• [Exercise requirements] Using the entries below, write out the line with "(json : Json) (cs : List ConfigEntry)", the line with "AllValid-convert json (c", and every line in between, exactly as each is written.

• [Listed records]
○ ○ ○ ○ ○ ○ ○

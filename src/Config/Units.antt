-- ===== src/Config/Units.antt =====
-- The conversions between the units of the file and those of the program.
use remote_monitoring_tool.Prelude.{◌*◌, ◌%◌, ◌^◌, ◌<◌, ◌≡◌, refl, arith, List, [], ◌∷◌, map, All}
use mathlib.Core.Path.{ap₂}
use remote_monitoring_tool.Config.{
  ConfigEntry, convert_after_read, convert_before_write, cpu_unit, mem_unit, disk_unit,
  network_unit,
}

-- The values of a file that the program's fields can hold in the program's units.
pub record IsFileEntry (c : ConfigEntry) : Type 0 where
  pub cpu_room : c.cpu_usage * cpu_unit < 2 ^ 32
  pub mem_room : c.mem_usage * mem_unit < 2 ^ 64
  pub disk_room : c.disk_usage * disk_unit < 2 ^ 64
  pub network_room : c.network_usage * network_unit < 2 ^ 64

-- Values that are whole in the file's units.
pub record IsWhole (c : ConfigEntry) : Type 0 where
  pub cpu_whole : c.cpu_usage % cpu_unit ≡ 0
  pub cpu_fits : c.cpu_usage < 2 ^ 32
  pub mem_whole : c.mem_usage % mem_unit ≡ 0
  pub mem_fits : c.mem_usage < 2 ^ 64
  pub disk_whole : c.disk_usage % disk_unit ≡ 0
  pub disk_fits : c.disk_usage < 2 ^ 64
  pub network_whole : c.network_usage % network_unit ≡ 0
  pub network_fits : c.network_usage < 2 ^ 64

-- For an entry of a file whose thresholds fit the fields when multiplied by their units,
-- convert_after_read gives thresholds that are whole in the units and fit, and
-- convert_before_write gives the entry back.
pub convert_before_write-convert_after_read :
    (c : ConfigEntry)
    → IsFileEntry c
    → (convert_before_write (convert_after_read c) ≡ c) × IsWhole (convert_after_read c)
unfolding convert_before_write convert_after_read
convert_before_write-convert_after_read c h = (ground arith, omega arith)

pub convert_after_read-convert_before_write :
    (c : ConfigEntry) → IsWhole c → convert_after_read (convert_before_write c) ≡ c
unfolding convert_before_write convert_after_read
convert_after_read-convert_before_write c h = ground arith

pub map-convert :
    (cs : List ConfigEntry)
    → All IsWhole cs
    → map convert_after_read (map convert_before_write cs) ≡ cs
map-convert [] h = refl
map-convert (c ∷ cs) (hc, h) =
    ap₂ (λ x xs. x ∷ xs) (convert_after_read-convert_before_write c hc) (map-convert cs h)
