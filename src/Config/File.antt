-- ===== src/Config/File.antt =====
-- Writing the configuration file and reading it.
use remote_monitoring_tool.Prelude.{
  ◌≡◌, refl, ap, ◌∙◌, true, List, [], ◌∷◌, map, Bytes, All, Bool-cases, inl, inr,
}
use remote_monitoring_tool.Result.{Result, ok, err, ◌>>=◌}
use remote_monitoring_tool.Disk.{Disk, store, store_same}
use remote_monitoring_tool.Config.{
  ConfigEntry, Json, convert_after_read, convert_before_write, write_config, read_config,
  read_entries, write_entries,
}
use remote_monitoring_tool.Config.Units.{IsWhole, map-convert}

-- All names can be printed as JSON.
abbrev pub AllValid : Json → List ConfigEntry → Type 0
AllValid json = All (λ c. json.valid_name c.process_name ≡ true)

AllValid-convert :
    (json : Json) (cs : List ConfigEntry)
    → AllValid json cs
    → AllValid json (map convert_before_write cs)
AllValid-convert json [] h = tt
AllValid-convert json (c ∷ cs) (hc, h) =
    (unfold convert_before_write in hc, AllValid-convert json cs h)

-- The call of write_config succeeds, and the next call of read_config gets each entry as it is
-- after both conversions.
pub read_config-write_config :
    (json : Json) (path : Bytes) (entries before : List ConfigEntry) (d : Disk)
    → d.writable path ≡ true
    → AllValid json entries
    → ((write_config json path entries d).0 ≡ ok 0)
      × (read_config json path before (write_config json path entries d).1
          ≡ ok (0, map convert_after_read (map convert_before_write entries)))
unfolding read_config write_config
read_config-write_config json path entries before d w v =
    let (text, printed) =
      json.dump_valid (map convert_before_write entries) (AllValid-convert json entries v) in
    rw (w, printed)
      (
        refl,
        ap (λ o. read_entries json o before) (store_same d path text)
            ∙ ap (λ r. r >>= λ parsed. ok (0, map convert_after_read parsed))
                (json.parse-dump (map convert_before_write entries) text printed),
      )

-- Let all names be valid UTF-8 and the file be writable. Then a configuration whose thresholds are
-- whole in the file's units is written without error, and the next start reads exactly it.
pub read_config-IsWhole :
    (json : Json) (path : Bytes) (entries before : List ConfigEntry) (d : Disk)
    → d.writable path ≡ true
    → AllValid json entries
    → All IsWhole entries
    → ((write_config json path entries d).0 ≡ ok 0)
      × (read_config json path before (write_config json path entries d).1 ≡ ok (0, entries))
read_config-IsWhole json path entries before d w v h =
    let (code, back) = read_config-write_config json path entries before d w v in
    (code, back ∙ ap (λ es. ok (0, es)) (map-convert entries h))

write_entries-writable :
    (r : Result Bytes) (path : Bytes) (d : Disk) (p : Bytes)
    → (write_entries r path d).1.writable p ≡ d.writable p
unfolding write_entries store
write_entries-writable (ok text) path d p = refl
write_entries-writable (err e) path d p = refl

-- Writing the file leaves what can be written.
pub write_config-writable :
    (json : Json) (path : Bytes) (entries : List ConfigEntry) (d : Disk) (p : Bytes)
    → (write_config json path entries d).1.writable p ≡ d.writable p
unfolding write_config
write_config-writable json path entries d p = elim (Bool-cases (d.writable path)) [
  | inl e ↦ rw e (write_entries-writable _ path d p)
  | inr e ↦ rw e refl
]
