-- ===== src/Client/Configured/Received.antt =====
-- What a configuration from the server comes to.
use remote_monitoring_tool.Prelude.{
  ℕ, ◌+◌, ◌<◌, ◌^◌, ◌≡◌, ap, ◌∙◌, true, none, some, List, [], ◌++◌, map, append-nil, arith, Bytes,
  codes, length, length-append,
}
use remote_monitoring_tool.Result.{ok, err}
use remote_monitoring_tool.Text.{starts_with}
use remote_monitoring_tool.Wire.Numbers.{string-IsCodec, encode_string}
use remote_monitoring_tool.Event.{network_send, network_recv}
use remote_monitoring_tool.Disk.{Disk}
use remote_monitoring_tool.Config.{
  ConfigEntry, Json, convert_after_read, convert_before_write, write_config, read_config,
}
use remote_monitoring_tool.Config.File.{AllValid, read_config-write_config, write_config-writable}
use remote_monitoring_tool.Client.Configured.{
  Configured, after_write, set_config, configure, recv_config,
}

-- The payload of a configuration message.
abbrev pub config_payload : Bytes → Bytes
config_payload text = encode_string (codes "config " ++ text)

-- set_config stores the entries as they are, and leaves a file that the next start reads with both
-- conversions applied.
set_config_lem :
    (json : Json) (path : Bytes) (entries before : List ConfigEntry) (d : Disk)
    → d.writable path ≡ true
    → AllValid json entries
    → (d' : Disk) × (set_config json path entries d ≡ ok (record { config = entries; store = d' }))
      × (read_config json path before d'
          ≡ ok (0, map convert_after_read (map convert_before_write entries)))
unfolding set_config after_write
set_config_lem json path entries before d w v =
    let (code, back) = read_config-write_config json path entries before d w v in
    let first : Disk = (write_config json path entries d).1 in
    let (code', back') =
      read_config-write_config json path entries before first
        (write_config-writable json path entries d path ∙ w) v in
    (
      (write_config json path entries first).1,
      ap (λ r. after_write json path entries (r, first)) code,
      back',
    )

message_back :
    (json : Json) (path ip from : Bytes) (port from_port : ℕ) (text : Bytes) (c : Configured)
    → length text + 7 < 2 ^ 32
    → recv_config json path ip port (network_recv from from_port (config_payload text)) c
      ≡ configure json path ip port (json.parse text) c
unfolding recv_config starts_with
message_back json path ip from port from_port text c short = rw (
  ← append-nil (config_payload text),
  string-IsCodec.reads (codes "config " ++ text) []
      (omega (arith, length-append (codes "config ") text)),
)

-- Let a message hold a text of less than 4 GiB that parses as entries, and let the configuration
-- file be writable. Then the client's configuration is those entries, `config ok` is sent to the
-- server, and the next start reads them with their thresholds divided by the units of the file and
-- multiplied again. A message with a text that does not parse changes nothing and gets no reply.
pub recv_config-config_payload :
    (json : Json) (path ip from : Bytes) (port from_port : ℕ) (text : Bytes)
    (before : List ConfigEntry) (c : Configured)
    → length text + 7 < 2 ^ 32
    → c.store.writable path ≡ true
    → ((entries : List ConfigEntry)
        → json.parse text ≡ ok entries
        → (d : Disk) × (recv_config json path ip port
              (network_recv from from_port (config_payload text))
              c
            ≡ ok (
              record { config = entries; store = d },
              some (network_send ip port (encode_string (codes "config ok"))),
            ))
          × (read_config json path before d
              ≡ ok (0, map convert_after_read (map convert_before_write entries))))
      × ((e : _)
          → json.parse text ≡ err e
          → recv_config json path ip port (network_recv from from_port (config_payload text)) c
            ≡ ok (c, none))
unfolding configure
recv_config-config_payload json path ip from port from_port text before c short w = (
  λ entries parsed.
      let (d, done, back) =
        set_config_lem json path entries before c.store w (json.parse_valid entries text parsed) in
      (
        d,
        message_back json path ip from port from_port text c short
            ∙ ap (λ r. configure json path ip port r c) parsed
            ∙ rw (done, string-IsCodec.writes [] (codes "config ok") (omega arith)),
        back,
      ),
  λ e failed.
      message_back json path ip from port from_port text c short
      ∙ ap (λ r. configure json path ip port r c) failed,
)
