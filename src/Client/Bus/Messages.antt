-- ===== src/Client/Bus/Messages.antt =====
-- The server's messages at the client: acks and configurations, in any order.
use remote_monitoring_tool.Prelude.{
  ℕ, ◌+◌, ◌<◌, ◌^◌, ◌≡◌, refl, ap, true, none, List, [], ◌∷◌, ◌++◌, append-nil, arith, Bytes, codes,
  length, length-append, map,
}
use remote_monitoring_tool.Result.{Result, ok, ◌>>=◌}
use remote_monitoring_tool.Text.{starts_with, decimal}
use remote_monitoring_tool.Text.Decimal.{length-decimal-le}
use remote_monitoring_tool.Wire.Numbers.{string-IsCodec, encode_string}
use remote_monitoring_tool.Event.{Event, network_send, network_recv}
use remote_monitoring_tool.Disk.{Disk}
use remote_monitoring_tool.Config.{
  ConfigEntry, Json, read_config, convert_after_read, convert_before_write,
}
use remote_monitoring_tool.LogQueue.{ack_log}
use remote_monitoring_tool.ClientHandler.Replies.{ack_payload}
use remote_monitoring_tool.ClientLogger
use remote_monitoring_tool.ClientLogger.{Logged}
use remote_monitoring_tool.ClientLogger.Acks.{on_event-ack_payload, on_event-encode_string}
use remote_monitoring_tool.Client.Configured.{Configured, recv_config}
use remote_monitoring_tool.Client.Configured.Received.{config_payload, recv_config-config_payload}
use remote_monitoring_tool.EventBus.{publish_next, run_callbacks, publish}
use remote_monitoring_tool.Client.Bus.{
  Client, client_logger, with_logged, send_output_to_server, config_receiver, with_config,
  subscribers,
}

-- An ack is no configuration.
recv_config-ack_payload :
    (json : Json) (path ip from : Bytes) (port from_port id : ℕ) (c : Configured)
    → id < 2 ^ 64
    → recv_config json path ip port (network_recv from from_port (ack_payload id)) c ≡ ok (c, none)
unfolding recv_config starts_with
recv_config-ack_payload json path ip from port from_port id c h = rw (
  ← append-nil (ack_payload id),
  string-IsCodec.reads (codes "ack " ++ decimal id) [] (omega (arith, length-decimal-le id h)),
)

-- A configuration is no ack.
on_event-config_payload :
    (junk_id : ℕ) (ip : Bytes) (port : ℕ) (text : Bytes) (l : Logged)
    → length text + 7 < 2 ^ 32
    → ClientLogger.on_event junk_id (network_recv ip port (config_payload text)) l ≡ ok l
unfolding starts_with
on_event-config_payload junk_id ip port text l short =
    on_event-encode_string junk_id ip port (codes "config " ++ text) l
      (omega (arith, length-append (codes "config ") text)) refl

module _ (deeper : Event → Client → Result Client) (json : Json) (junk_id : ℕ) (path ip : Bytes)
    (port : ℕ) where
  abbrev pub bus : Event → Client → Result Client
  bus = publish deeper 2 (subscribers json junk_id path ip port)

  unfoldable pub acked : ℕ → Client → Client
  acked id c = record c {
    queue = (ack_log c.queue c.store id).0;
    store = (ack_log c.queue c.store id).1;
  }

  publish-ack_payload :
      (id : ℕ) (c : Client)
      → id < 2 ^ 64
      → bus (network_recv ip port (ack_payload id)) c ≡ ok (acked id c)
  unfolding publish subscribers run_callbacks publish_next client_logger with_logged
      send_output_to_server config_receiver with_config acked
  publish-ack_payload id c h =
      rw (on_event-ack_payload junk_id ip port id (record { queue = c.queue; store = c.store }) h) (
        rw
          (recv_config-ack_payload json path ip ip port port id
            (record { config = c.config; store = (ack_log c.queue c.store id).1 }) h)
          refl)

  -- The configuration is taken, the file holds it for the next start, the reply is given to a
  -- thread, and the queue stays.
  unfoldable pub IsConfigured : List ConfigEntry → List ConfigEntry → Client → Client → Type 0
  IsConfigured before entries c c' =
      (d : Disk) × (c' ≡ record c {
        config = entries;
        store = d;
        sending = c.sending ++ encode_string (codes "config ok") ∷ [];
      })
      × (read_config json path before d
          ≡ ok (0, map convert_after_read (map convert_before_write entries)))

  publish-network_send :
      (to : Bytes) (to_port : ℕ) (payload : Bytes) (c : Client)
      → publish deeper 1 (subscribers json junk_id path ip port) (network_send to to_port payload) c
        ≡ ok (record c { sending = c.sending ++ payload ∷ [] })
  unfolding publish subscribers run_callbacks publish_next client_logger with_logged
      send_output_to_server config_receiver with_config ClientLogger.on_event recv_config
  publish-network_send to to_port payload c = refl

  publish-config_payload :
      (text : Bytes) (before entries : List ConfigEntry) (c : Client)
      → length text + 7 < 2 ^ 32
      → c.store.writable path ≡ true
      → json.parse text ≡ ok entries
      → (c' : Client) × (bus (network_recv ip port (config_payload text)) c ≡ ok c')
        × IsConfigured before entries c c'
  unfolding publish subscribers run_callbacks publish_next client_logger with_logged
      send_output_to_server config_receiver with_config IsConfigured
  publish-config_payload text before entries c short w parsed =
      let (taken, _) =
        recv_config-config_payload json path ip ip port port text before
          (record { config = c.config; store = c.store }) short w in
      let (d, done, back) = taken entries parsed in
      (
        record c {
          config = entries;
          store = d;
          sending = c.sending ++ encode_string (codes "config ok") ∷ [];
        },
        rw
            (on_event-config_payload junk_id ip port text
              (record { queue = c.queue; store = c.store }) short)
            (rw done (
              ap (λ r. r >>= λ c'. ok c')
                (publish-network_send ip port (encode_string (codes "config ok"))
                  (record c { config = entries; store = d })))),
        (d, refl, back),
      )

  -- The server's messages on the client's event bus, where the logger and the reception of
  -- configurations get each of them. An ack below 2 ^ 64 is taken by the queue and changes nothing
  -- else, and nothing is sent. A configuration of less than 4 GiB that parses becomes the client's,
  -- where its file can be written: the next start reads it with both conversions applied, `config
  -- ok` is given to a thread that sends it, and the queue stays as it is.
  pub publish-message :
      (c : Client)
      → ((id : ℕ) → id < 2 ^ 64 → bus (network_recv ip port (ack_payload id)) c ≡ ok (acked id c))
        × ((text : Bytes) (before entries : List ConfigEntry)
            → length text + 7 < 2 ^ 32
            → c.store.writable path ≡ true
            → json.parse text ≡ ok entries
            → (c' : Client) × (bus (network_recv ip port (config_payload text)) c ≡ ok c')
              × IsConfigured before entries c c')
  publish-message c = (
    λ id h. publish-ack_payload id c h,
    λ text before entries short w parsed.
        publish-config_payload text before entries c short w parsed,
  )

○ ○ ○ ○ ○ ○ ○

• [Response below]
    (json : Json) (cs : List ConfigEntry)
    → AllValid json cs
    → AllValid json (map convert_before_write cs)
AllValid-convert json [] h = tt
AllValid-convert json (c ∷ cs) (hc, h) =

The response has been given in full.